Biointaxis is developing the first AAV vector gene therapy for the treatment of Friedreich’s Ataxia. Unlike other solutions, they have demonstrated outstanding preclinical data, managing to provide functional frataxin levels in the affected tissues with a limited number of administrations, thus eliminating the need for chronic treatment, and showing potential to become a genuine cure for the disease.
Orphan diseases have become one of the most active areas of investment in biotechnology; The tax and regulatory facilities enjoyed by drug development projects against these diseases are so powerful that Orphan Drugs were the 4th biopharma sector with the most venture capital investment in 2020.

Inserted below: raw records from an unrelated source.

-- ===== src/Kernel/Heap.antt =====
-- kernel/heap.c: small objects from caches of slabs, larger ones from a list of blocks. The heap's memory is
-- given by its words of 8 bytes, at addresses that are multiples of 8: a header has its size at 0, its flag
-- `free`, an int, in the low half of the word at 8, and its links at 16 and 24. `none` is a panic or a loop
-- that runs out of fuel; `depth` bounds the depth of `paging_map_page`.
pub mod Blocks
pub mod RoundTrip
pub mod Growth
use mira_os.Base.{
  ℕ, zero, suc, ◌+◌, ◌-◌, ◌*◌, ◌/◌, ◌%◌, ◌^◌, Bool, true, false, ◌==◌, ◌&&◌, not, ltb, leb,
  if◌then◌else◌, Option, none, some, List, [], ◌∷◌,
}
use mira_os.Common.Memory.{Memory, poke}
use mira_os.Kernel.Words.{add64, sub64, mul64, add32}
use mira_os.Kernel.Pmm.{pmm_alloc_page}
use mira_os.Arch.Paging.{Paging, paging_map_page, paging_heap_base}

abbrev pub header_size : ℕ
header_size = 32

abbrev pub min_block : ℕ
min_block = 32

abbrev pub slab_max_size : ℕ
slab_max_size = 1024

-- The caches stand in the order of the list `slab_list`; `slab_size` is 4096 and never read.
pub record SlabCache : Type 0 where
  pub object_size : ℕ
  pub free_list : ℕ
  pub objects_per_slab : ℕ
  pub allocated : ℕ

pub record Heap : Type 0 where
  pub words : Memory
  pub heap_head : ℕ
  pub heap_mapped : ℕ
  pub heap_virt_base : ℕ
  pub slab_caches : List SlabCache
  pub paging : Paging

unfoldable pub block_size : Memory → ℕ → ℕ
block_size w b = w b

unfoldable pub is_free : Memory → ℕ → Bool
is_free w b = not (w (b + 8) % 2 ^ 32 == 0)

unfoldable pub next_block : Memory → ℕ → ℕ
next_block w b = w (b + 16)

unfoldable pub prev_block : Memory → ℕ → ℕ
prev_block w b = w (b + 24)

-- A write to the int `free`
unfoldable pub set_free : ℕ → ℕ → Memory → Memory
set_free b v w = poke w (b + 8) (w (b + 8) / 2 ^ 32 * 2 ^ 32 + v)

unfoldable pub slab_cache : ℕ → SlabCache
slab_cache size = record {
  object_size = size;
  free_list = 0;
  objects_per_slab = 4096 / size;
  allocated = 0;
}

unfoldable pub slab_init : List SlabCache
slab_init = slab_cache 32 ∷ slab_cache 64 ∷ slab_cache 128 ∷ slab_cache 256 ∷ slab_cache 512 ∷ []

-- `for (i = 0; i < objects_per_slab - 1; i++)` links the objects of a slab, from index `i`, with the rounds
-- left.
unfoldable pub link_objects : ℕ → ℕ → ℕ → ℕ → Memory → Memory
link_objects zero i ptr size w = w
link_objects (suc n) i ptr size w =
    link_objects n (i + 1) ptr size (poke w (ptr + i * size) (ptr + (i + 1) * size))

-- What stands between the caches and the heap while one cache is worked on.
abbrev pub CacheStep : Type 0
CacheStep = SlabCache → Heap → Option (ℕ × SlabCache × Heap)

-- The pop of the first object.
unfoldable pub slab_pop : SlabCache → Heap → ℕ × SlabCache × Heap
slab_pop c h =
    (c.free_list, record c { free_list = h.words c.free_list; allocated = add32 c.allocated 1 }, h)

-- A result of 0 is the pointer NULL.
unfoldable pub slab_alloc : ℕ → CacheStep
slab_alloc depth c h =
    let next : Paging = record (h.paging) { pmm = (pmm_alloc_page h.paging.pmm).1 } in
    let ptr = add64 h.heap_virt_base h.heap_mapped in
    let size = c.object_size in
    let last = c.objects_per_slab - 1 in
    let linked = poke (link_objects last 0 ptr size h.words) (ptr + last * size) 0 in
    if not (c.free_list == 0) then some (slab_pop c h) else elim ((pmm_alloc_page h.paging.pmm).0) [
      | none ↦ some (0, c, record h { paging = next })
      | some slab ↦ elim (paging_map_page depth ptr slab 0 next) [
        | none ↦ none
        | some r ↦ some (
            slab_pop (record c { free_list = ptr })
              (record h { words = linked; heap_mapped = add64 h.heap_mapped 4096; paging = r.1 }))
      ]
    ]

-- `slab_find_cache`, with what is done to the cache it finds; the outer `some none` is the result NULL.
unfoldable pub in_cache :
    CacheStep → ℕ → List SlabCache → Heap → Option (Option (ℕ × List SlabCache × Heap))
in_cache step size [] h = some none
in_cache step size (c ∷ cs) h =
    let rest = in_cache step size cs h in
    if leb size c.object_size
    then elim (step c h) [ none ↦ none | some r ↦ some (some (r.0, r.1 ∷ cs, r.2)) ]
    else elim rest [
      | none ↦ none
      | some o ↦ elim o [ none ↦ some none | some r ↦ some (some (r.0, c ∷ r.1, r.2)) ]
    ]

unfoldable pub heap_map_more : ℕ → ℕ → ℕ → Heap → Option Heap
heap_map_more depth zero needed h = none
heap_map_more depth (suc f) needed h =
    let next : Paging = record (h.paging) { pmm = (pmm_alloc_page h.paging.pmm).1 } in
    let rest = heap_map_more depth f needed in
    if ltb h.heap_mapped needed
    then elim ((pmm_alloc_page h.paging.pmm).0) [
      | none ↦ none
      | some phys ↦
          elim (paging_map_page depth (add64 h.heap_virt_base h.heap_mapped) phys 0 next) [
            | none ↦ none
            | some r ↦ rest (record h { heap_mapped = add64 h.heap_mapped 4096; paging = r.1 })
          ]
    ]
    else some h

-- A header on a fresh page.
unfoldable pub write_block : ℕ → ℕ → ℕ → Memory → Memory
write_block b next prev w =
    poke (poke (set_free b 1 (poke w b (4096 - header_size))) (b + 16) next) (b + 24) prev

unfoldable pub heap_init : ℕ → ℕ → Heap → Option Heap
heap_init depth f h =
    elim (heap_map_more depth f 4096
      (record h { heap_virt_base = paging_heap_base; heap_mapped = 0 })) [
        | none ↦ none
        | some g ↦ some (record g {
          heap_head = g.heap_virt_base;
          words = write_block g.heap_virt_base 0 0 g.words;
          slab_caches = slab_init;
        })
      ]

-- `if (p) p->prev = v`
unfoldable pub set_prev : ℕ → ℕ → Memory → Memory
set_prev p v w = if p == 0 then w else poke w (p + 24) v

unfoldable pub split_block : ℕ → ℕ → Memory → Memory
split_block b size w =
    let new = b + header_size + size in
    let first = poke w new (block_size w b - size - header_size) in
    let second = poke (set_free new 1 first) (new + 16) (next_block w b) in
    let third = poke second (new + 24) b in
    let fourth = set_prev (next_block third b) new third in
    if ltb (block_size w b) (add64 (add64 size header_size) min_block)
    then w
    else poke (poke fourth (b + 16) new) b size

-- The merge with the next block, then the merge into the previous one.
unfoldable pub merge_next : ℕ → Memory → Memory
merge_next b w =
    let n = next_block w b in
    let grown = poke w b (add64 (block_size w b) (add64 header_size (block_size w n))) in
    let linked = poke grown (b + 16) (next_block grown n) in
    if not (n == 0) && is_free w n then set_prev (next_block linked b) b linked else w

unfoldable pub merge_prev : ℕ → Memory → Memory
merge_prev b w =
    let p = prev_block w b in
    let grown = poke w p (add64 (block_size w p) (add64 header_size (block_size w b))) in
    let linked = poke grown (p + 16) (next_block grown b) in
    if not (p == 0) && is_free w p
    then set_prev (next_block linked b) (prev_block linked b) linked
    else w

unfoldable pub merge_adjacent : ℕ → Memory → Memory
merge_adjacent b w = merge_prev b (merge_next b w)

-- The loop for the first free block that is large enough, on fuel; the inner `none` is the end of the list.
unfoldable pub find_fit : ℕ → ℕ → ℕ → Memory → Option (Option ℕ)
find_fit zero current size w = none
find_fit (suc f) current size w =
    let rest = find_fit f (next_block w current) size w in
    if current == 0
    then some none
    else if is_free w current && leb size (block_size w current)
    then some (some current)
    else rest

unfoldable pub find_tail : ℕ → ℕ → Memory → Option ℕ
find_tail zero tail w = none
find_tail (suc f) tail w =
    let rest = find_tail f (next_block w tail) w in
    if next_block w tail == 0 then some tail else rest

-- `(size + 15) & ~15`
unfoldable pub round_size : ℕ → ℕ
round_size size = add64 size 15 / 16 * 16

-- The new area at the end of the list.
unfoldable pub add_area : ℕ → Heap → Option Heap
add_area f h =
    let area = sub64 (add64 h.heap_virt_base h.heap_mapped) 4096 in
    let fresh =
      λ (w : Memory). poke (set_free area 1 (poke w area (4096 - header_size))) (area + 16) 0 in
    if h.heap_head == 0
    then some (record h { heap_head = area; words = fresh h.words })
    else elim (find_tail f h.heap_head h.words) [
      | none ↦ none
      | some tail ↦
          some (record h { words = fresh (poke (poke h.words (tail + 16) area) (area + 24) tail) })
    ]

unfoldable pub take_block : ℕ → ℕ → Heap → ℕ × Heap
take_block b size h =
    (b + header_size, record h { words = set_free b 0 (split_block b size h.words) })

-- `f` bounds the loops and the calls of `kmalloc` to itself. The result 0 is NULL.
unfoldable pub kmalloc : ℕ → ℕ → ℕ → Heap → Option (ℕ × Heap)
kmalloc depth zero size h = none
kmalloc depth (suc f) size h =
    let rounded = round_size size in
    let again = kmalloc depth f rounded in
    let slab =
      if leb size slab_max_size
      then in_cache (slab_alloc depth) size h.slab_caches h
      else some none in
    if size == 0 then some (0, h) else elim slab [
      | none ↦ none
      | some found ↦ elim found [
        | some r ↦ some (r.0, record (r.2) { slab_caches = r.1 })
        | none ↦ elim (find_fit (suc f) h.heap_head rounded h.words) [
          | none ↦ none
          | some fit ↦ elim fit [
            | some b ↦ some (take_block b rounded h)
            | none ↦ elim (heap_map_more depth (suc f) (add64 h.heap_mapped 4096) h) [
              | none ↦ none
              | some g ↦ elim (add_area (suc f) g) [ none ↦ none | some a ↦ again a ]
            ]
          ]
        ]
      ]
    ]

unfoldable pub kfree : ℕ → Heap → Heap
kfree ptr h =
    let block = sub64 ptr header_size in
    if ptr == 0 then h else record h { words = merge_adjacent block (set_free block 1 h.words) }

-- The loop over bytes from `src` to `dst`, a word at a time, from word `i`, with the words left.
unfoldable pub copy_words : ℕ → ℕ → ℕ → ℕ → Memory → Memory
copy_words zero i dst src w = w
copy_words (suc n) i dst src w =
    copy_words n (i + 1) dst src (poke w (dst + i * 8) (w (src + i * 8)))

-- The last `r` bytes, fewer than 8, of such a loop, over the words `a` and `v`.
unfoldable pub low_bytes : ℕ → ℕ → ℕ → ℕ
low_bytes r a v = a / 2 ^ (8 * r) * 2 ^ (8 * r) + v % 2 ^ (8 * r)

unfoldable pub copy_bytes : ℕ → ℕ → ℕ → Memory → Memory
copy_bytes size dst src w =
    let n = size / 8 in
    let copied = copy_words n 0 dst src w in
    let a = dst + n * 8 in poke copied a (low_bytes (size % 8) (copied a) (copied (src + n * 8)))

-- `block->size` is read again in each round of the copy: a copy over the block's own header is not modelled.
unfoldable pub krealloc : ℕ → ℕ → ℕ → ℕ → Heap → Option (ℕ × Heap)
krealloc depth f ptr size h =
    let block = sub64 ptr header_size in
    if ptr == 0
    then kmalloc depth f size h
    else if size == 0
    then some (0, kfree ptr h)
    else if leb size (block_size h.words block)
    then some (ptr, h)
    else elim (kmalloc depth f size h) [
      | none ↦ none
      | some r ↦
          let moved = copy_bytes (block_size (r.1.words) block) (r.0) ptr (r.1.words) in
          if r.0 == 0 then some (0, r.1) else some (r.0, kfree ptr (record (r.1) { words = moved }))
    ]

unfoldable pub zero_words : ℕ → ℕ → ℕ → Memory → Memory
zero_words zero i dst w = w
zero_words (suc n) i dst w = zero_words n (i + 1) dst (poke w (dst + i * 8) 0)

unfoldable pub kcalloc : ℕ → ℕ → ℕ → ℕ → Heap → Option (ℕ × Heap)
kcalloc depth f nmemb size h =
    let total = mul64 nmemb size in
    elim (kmalloc depth f total h) [
      | none ↦ none
      | some r ↦
          let a = r.0 + total / 8 * 8 in
          let cleared = zero_words (total / 8) 0 (r.0) (r.1.words) in
          if r.0 == 0
          then some (0, r.1)
          else some
              (r.0, record (r.1) { words = poke cleared a (low_bytes (total % 8) (cleared a) 0) })
    ]

-- The loop over the blocks, on fuel.
unfoldable pub sum_used : ℕ → ℕ → Memory → ℕ → Option ℕ
sum_used zero current w used = none
sum_used (suc f) current w used =
    let more = if is_free w current then used else add64 used (block_size w current) in
    let rest = sum_used f (next_block w current) w more in if current == 0 then some used else rest

unfoldable pub heap_used : ℕ → Heap → Option ℕ
heap_used f h = sum_used f h.heap_head h.words 0

unfoldable pub heap_total : Heap → ℕ
heap_total h = h.heap_mapped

Since the last round, BIOINTAXIS has manufactured the first scalable batch of the biological drug BTX-101 under GLP quality standards. It has validated it in two mouse animal models, one chronic and one acute of the disease, as well as in non-human primates. With these results, the objective of this round and of 2024 is to validate the regulatory plan with the European Medicines Agency (EMA) and the United States Agency for Drugs (FDA), and the designation of orphan drug will be requested. The objective is to start the IND process in 2026, to evaluate the safety and efficacy of the drug in humans (Phase I / IIa).